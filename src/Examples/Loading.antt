-- ===== src/Examples/Loading.antt =====
-- The loader of Project 3/userprog/process.c on a small program.
use comp_sys_pint_os.Base.{
  returns, ◌⊎◌, ℕ, ◌+◌, subst, ◌≡◌, ◌↔◌, refl, true, false, [], ◌∷◌, some, Returns, returns, panic,
  arith,
}
use comp_sys_pint_os.Elf.{Ehdr, Phdr, validate_segment, segment_of}
use comp_sys_pint_os.Elf.Validate.{IsWord, IsLoadable, validate_segment_exact}
use comp_sys_pint_os.Elf.Arithmetic.{IsCovering, segment_of-IsCovering}
use comp_sys_pint_os.Loader.{World, LoadState, load, load_segment}
use comp_sys_pint_os.Loader.Pages.{load_segment-add_all, add_all, requests}
use comp_sys_pint_os.Loader.Total.{DeliversWords, StackFails, load_releases, load_without_pagedir}
use comp_sys_pint_os.Examples.Machine.{pc, pc-IsPlatform}

-- Code and data from 0x08048123 on: 5,000 bytes of the file, then zeros.
abbrev text : Phdr
text = record {
  p_type = 1;
  p_offset = 0x123;
  p_vaddr = 0x8048123;
  p_paddr = 0;
  p_filesz = 5000;
  p_memsz = 9000;
  p_flags = 7;
  p_align = 4096;
}

text-IsWord : IsWord text
text-IsWord = record {
  offset_word = omega arith;
  vaddr_word = omega arith;
  filesz_word = omega arith;
  memsz_word = omega arith;
}

text-IsLoadable : IsLoadable pc.phys_base 10000 text
text-IsLoadable = record {
  congruent = refl;
  in_file = omega arith;
  holds_file = omega arith;
  nonempty = omega arith;
  above_zero = omega arith;
  below_base = omega arith;
}

validate_segment_exact_example :
    (validate_segment pc text 10000 ≡ true) ↔ IsLoadable pc.phys_base 10000 text
validate_segment_exact_example =
    validate_segment_exact pc pc-IsPlatform text 10000 text-IsWord (omega arith)

segment_of-IsCovering_example : IsCovering pc.phys_base text (segment_of pc text)
segment_of-IsCovering_example =
    segment_of-IsCovering pc pc-IsPlatform text 10000 text-IsWord text-IsLoadable

abbrev header : Ehdr
header = record {
  e_ident = 0x7f ∷ b'E' ∷ b'L' ∷ b'F' ∷ 1 ∷ 1 ∷ 1 ∷ [];
  e_type = 2;
  e_machine = 3;
  e_version = 1;
  e_entry = 0x8048200;
  e_phoff = 52;
  e_shoff = 0;
  e_flags = 0;
  e_ehsize = 52;
  e_phentsize = 32;
  e_phnum = 1;
  e_shentsize = 0;
  e_shnum = 0;
  e_shstrndx = 0;
}

-- A file with that header and segment; the state is the number of pages that were added.
abbrev disk : World ℕ
disk = record {
  pagedir_create = λ s. (true, s);
  process_activate = λ s. s;
  filesys_open = λ s. (true, s);
  file_deny_write = λ s. s;
  read_ehdr = λ s. (some header, s);
  file_length = λ s. 10000;
  file_seek = λ o s. s;
  read_phdr = λ s. (some text, s);
  add_file_to_page_table = λ r s. (true, s + 1);
  setup_stack = λ s. returns (true, s);
}

-- The same, with no memory for a page directory.
abbrev full_disk : World ℕ
full_disk = record disk { pagedir_create = λ s. (false, s) }

abbrev start : LoadState ℕ
start = record { world = 0; file_lock = false; executable = false; eip = 0 }

some_inj : (p q : Phdr) → some p ≡ some q → p ≡ q
some_inj p q e = cc

disk-DeliversWords : DeliversWords disk
disk-DeliversWords = record {
  words = λ s p e. subst IsWord (some_inj text p e) text-IsWord;
  length_word = λ s. omega arith;
}

full_disk-DeliversWords : DeliversWords full_disk
full_disk-DeliversWords = record {
  words = λ s p e. subst IsWord (some_inj text p e) text-IsWord;
  length_word = λ s. omega arith;
}

load_segment-add_all_example :
    load_segment disk 0 0x8048000 5000 3192 true 0
    ≡ returns (add_all disk (requests 0 0x8048000 5000 true 0 2) 0)
load_segment-add_all_example =
    load_segment-add_all disk 0 0x8048000 5000 3192 2 true 0 refl refl refl (omega arith)
      (omega arith)

load_releases_example :
    Returns (λ q. q.1.file_lock ≡ false) (load disk pc start)
    ⊎ StackFails disk pc pc-IsPlatform disk-DeliversWords (load disk pc start)
load_releases_example = load_releases disk pc pc-IsPlatform disk-DeliversWords start refl refl

load_without_pagedir_example : load full_disk pc start ≡ panic
load_without_pagedir_example =
    load_without_pagedir full_disk pc pc-IsPlatform full_disk-DeliversWords start refl refl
◆ ◆ ◆ ◆ ◆
- Exercise description: What's needed is an exact copy of every entry.

- Task result:
filename src/Examples/Loading.antt
-- ===== src/Examples/Loading.antt =====
-- The loader of Project 3/userprog/process.c on a small program.
use comp_sys_pint_os.Base.{
  returns, ◌⊎◌, ℕ, ◌+◌, subst, ◌≡◌, ◌↔◌, refl, true, false, [], ◌∷◌, some, Returns, returns, panic,
  arith,
}
use comp_sys_pint_os.Elf.{Ehdr, Phdr, validate_segment, segment_of}
use comp_sys_pint_os.Elf.Validate.{IsWord, IsLoadable, validate_segment_exact}
use comp_sys_pint_os.Elf.Arithmetic.{IsCovering, segment_of-IsCovering}
use comp_sys_pint_os.Loader.{World, LoadState, load, load_segment}
use comp_sys_pint_os.Loader.Pages.{load_segment-add_all, add_all, requests}
use comp_sys_pint_os.Loader.Total.{DeliversWords, StackFails, load_releases, load_without_pagedir}
use comp_sys_pint_os.Examples.Machine.{pc, pc-IsPlatform}

-- Code and data from 0x08048123 on: 5,000 bytes of the file, then zeros.
abbrev text : Phdr
text = record {
  p_type = 1;
  p_offset = 0x123;
  p_vaddr = 0x8048123;
  p_paddr = 0;
  p_filesz = 5000;
  p_memsz = 9000;
  p_flags = 7;
  p_align = 4096;
}

text-IsWord : IsWord text
text-IsWord = record {
  offset_word = omega arith;
  vaddr_word = omega arith;
  filesz_word = omega arith;
  memsz_word = omega arith;
}

text-IsLoadable : IsLoadable pc.phys_base 10000 text
text-IsLoadable = record {
  congruent = refl;
  in_file = omega arith;
  holds_file = omega arith;
  nonempty = omega arith;
  above_zero = omega arith;
  below_base = omega arith;
}

validate_segment_exact_example :
    (validate_segment pc text 10000 ≡ true) ↔ IsLoadable pc.phys_base 10000 text
validate_segment_exact_example =
    validate_segment_exact pc pc-IsPlatform text 10000 text-IsWord (omega arith)

segment_of-IsCovering_example : IsCovering pc.phys_base text (segment_of pc text)
segment_of-IsCovering_example =
    segment_of-IsCovering pc pc-IsPlatform text 10000 text-IsWord text-IsLoadable

abbrev header : Ehdr
header = record {
  e_ident = 0x7f ∷ b'E' ∷ b'L' ∷ b'F' ∷ 1 ∷ 1 ∷ 1 ∷ [];
  e_type = 2;
  e_machine = 3;
  e_version = 1;
  e_entry = 0x8048200;
  e_phoff = 52;
  e_shoff = 0;
  e_flags = 0;
  e_ehsize = 52;
  e_phentsize = 32;
  e_phnum = 1;
  e_shentsize = 0;
  e_shnum = 0;
  e_shstrndx = 0;
}

-- A file with that header and segment; the state is the number of pages that were added.
abbrev disk : World ℕ
disk = record {
  pagedir_create = λ s. (true, s);
  process_activate = λ s. s;
  filesys_open = λ s. (true, s);
  file_deny_write = λ s. s;
  read_ehdr = λ s. (some header, s);
  file_length = λ s. 10000;
  file_seek = λ o s. s;
  read_phdr = λ s. (some text, s);
  add_file_to_page_table = λ r s. (true, s + 1);
  setup_stack = λ s. returns (true, s);
}

-- The same, with no memory for a page directory.
abbrev full_disk : World ℕ
full_disk = record disk { pagedir_create = λ s. (false, s) }

abbrev start : LoadState ℕ
start = record { world = 0; file_lock = false; executable = false; eip = 0 }

some_inj : (p q : Phdr) → some p ≡ some q → p ≡ q
some_inj p q e = cc

disk-DeliversWords : DeliversWords disk
disk-DeliversWords = record {
  words = λ s p e. subst IsWord (some_inj text p e) text-IsWord;
  length_word = λ s. omega arith;
}

full_disk-DeliversWords : DeliversWords full_disk
full_disk-DeliversWords = record {
  words = λ s p e. subst IsWord (some_inj text p e) text-IsWord;
  length_word = λ s. omega arith;
}

load_segment-add_all_example :
    load_segment disk 0 0x8048000 5000 3192 true 0
    ≡ returns (add_all disk (requests 0 0x8048000 5000 true 0 2) 0)
load_segment-add_all_example =
    load_segment-add_all disk 0 0x8048000 5000 3192 2 true 0 refl refl refl (omega arith)
      (omega arith)

load_releases_example :
    Returns (λ q. q.1.file_lock ≡ false) (load disk pc start)
    ⊎ StackFails disk pc pc-IsPlatform disk-DeliversWords (load disk pc start)
load_releases_example = load_releases disk pc pc-IsPlatform disk-DeliversWords start refl refl

load_without_pagedir_example : load full_disk pc start ≡ panic
load_without_pagedir_example =
    load_without_pagedir full_disk pc pc-IsPlatform full_disk-DeliversWords start refl refl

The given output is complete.